Fractional ownership turns attractive for all investors
People are happy to invest in the fractional ownership platforms that provide both monthly returns and long-term capital appreciation
image for illustrative purpose
Today, the middle-class home-buyers may not get any residential property, not even a small flat, at a budget of Rs 25-30 lakh within the city limits of Hyderabad or other metropolis. As an alternative, they prefer investing in fractional ownership platforms and using the returns for their rents and savings
Hyderabad: Not only the rich and high-networth individuals (HNIs), the middle-class people are also attracted towards fractional ownership of real estate assets across India due to the Sebi regulation, low-ticket size, timely returns and higher capital appreciation. They are investing in various asset classes including commercial, office space, co-living spaces, warehouses, hospitality projects and residential ventures.
The Sebi (Securities and Exchange Board of India) Board has recently revamped the REIT (Real Estate Investment Trusts) Regulations 2014 to create a new regulatory framework for small and medium REITs to protect the investor interests. As per these guidelines, small and medium REITs can raise funds starting from Rs 50 crore from a minimum 200 investors through special purpose vehicle (SPV).
G Hari Babu, National President of National Real Estate Development Council (NAREDCO), applauds this progressive stride, ensuring investor protection and disclosure practices. He says, “The Sebi's decision to lower the minimum asset value to Rs 50 crore offers enticing entry points for investors, aligning with the industry's evolution. This is a transformative milestone for fractional ownership of real estate assets.”
“The formalisation of fractional ownership is crucial for fostering investor confidence, benefiting not only commercial but also affordable housing. The regulatory framework is anticipated to drive growth in this innovative property ownership form, reflecting trust in the evolving investment landscape. This marks a significant step towards a more dynamic and inclusive real estate environment,” he adds.
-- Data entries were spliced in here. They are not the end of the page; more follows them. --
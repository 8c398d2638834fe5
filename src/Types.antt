-- ===== src/Types.antt =====
-- The value types of include/exsim/types.hpp. Identifiers, sequence numbers, quantities and times are
-- numbers; their widths (`OrderId`, `SeqNo`, `TimestampNs` 64 bits, `AccountId`, `SymbolId`, `Qty` 32)
-- stand in `IsClientCommand`, `IsSequencedCommand` and `IsMdEvent`. `Price` is an integer.
-- An enumeration over `std::uint8_t` holds any byte that is cast to it: `other n` is the value `n` when
-- no enumerator has it.
pub mod Codes
pub mod Names
use exchange_and_feed_handle.Base.{
  ℕ, ◌^◌, ◌<◌, ◌≡◌, ◌≢◌, Bool, true, false, arith, ◌==◌, if◌then◌else◌, List,
}
use exchange_and_feed_handle.Base.Int.{ℤ, IsI64}

pub data Side : Type 0 where
  buy sell : Side
  other : ℕ → Side

pub data CommandType : Type 0 where
  new cancel replace : CommandType
  other : ℕ → CommandType

pub data TimeInForce : Type 0 where
  gtc ioc : TimeInForce
  other : ℕ → TimeInForce

pub data RejectReason : Type 0 where
  none malformed unknown_order duplicate_order risk_max_qty risk_max_notional : RejectReason
  risk_open_orders risk_rate_limit invalid_symbol invalid_qty invalid_price : RejectReason
  other : ℕ → RejectReason

pub data MdType : Type 0 where
  add cancel execute replace reject : MdType
  other : ℕ → MdType

pub record ClientCommand : Type 0 where
  pub type : CommandType
  pub client_order_id : ℕ
  pub order_id : ℕ
  pub cancel_order_id : ℕ
  pub account_id : ℕ
  pub symbol_id : ℕ
  pub side : Side
  pub price : ℤ
  pub qty : ℕ
  pub tif : TimeInForce
  pub client_ts_ns : ℕ

pub record SequencedCommand : Type 0 where
  pub seq : ℕ
  pub recv_ts_ns : ℕ
  pub cmd : ClientCommand

pub record Ack : Type 0 where
  pub seq : ℕ
  pub client_order_id : ℕ
  pub order_id : ℕ
  pub accepted : Bool
  pub reason : RejectReason

pub record Trade : Type 0 where
  pub seq : ℕ
  pub symbol_id : ℕ
  pub resting_order_id : ℕ
  pub aggressing_order_id : ℕ
  pub price : ℤ
  pub qty : ℕ

pub record MdEvent : Type 0 where
  pub seq : ℕ
  pub type : MdType
  pub symbol_id : ℕ
  pub order_id : ℕ
  pub new_order_id : ℕ
  pub account_id : ℕ
  pub side : Side
  pub price : ℤ
  pub qty : ℕ
  pub reason : RejectReason

-- `side == Side::Buy`
abbrev pub is_buy : Side → Bool
is_buy Side.buy = true
is_buy _ = false

-- `tif == TimeInForce::Gtc`
abbrev pub is_gtc : TimeInForce → Bool
is_gtc TimeInForce.gtc = true
is_gtc _ = false

-- `reason == RejectReason::None`
abbrev pub is_none : RejectReason → Bool
is_none RejectReason.none = true
is_none _ = false

-- `cmd.type == CommandType::New`, and its two kin.
abbrev pub is_new : CommandType → Bool
is_new CommandType.new = true
is_new _ = false

abbrev pub is_cancel : CommandType → Bool
is_cancel CommandType.cancel = true
is_cancel _ = false

abbrev pub is_replace : CommandType → Bool
is_replace CommandType.replace = true
is_replace _ = false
With these guidelines, the fractional ownership of real estate has turned a lucrative market for more investors, including the middle-class. According to a study by a tech-enabled real asset management company TruBoard Partners, many private companies have set up fractional ownership platforms that allow investors to own a fraction of real estate assets.
Sangram Baviskar, MD, Real Estate Practice at TruBoard Partners, said: “The total asset under management (AUM) by all fractional ownership platforms in India jumped from Rs 1,500 crore in 2019 to Rs 4,000 crore in 2023. The AUM of the fractional ownership market is likely to grow at a compounded annual growth rate (CAGR) of 25-30 per cent over the next 4-5 years.”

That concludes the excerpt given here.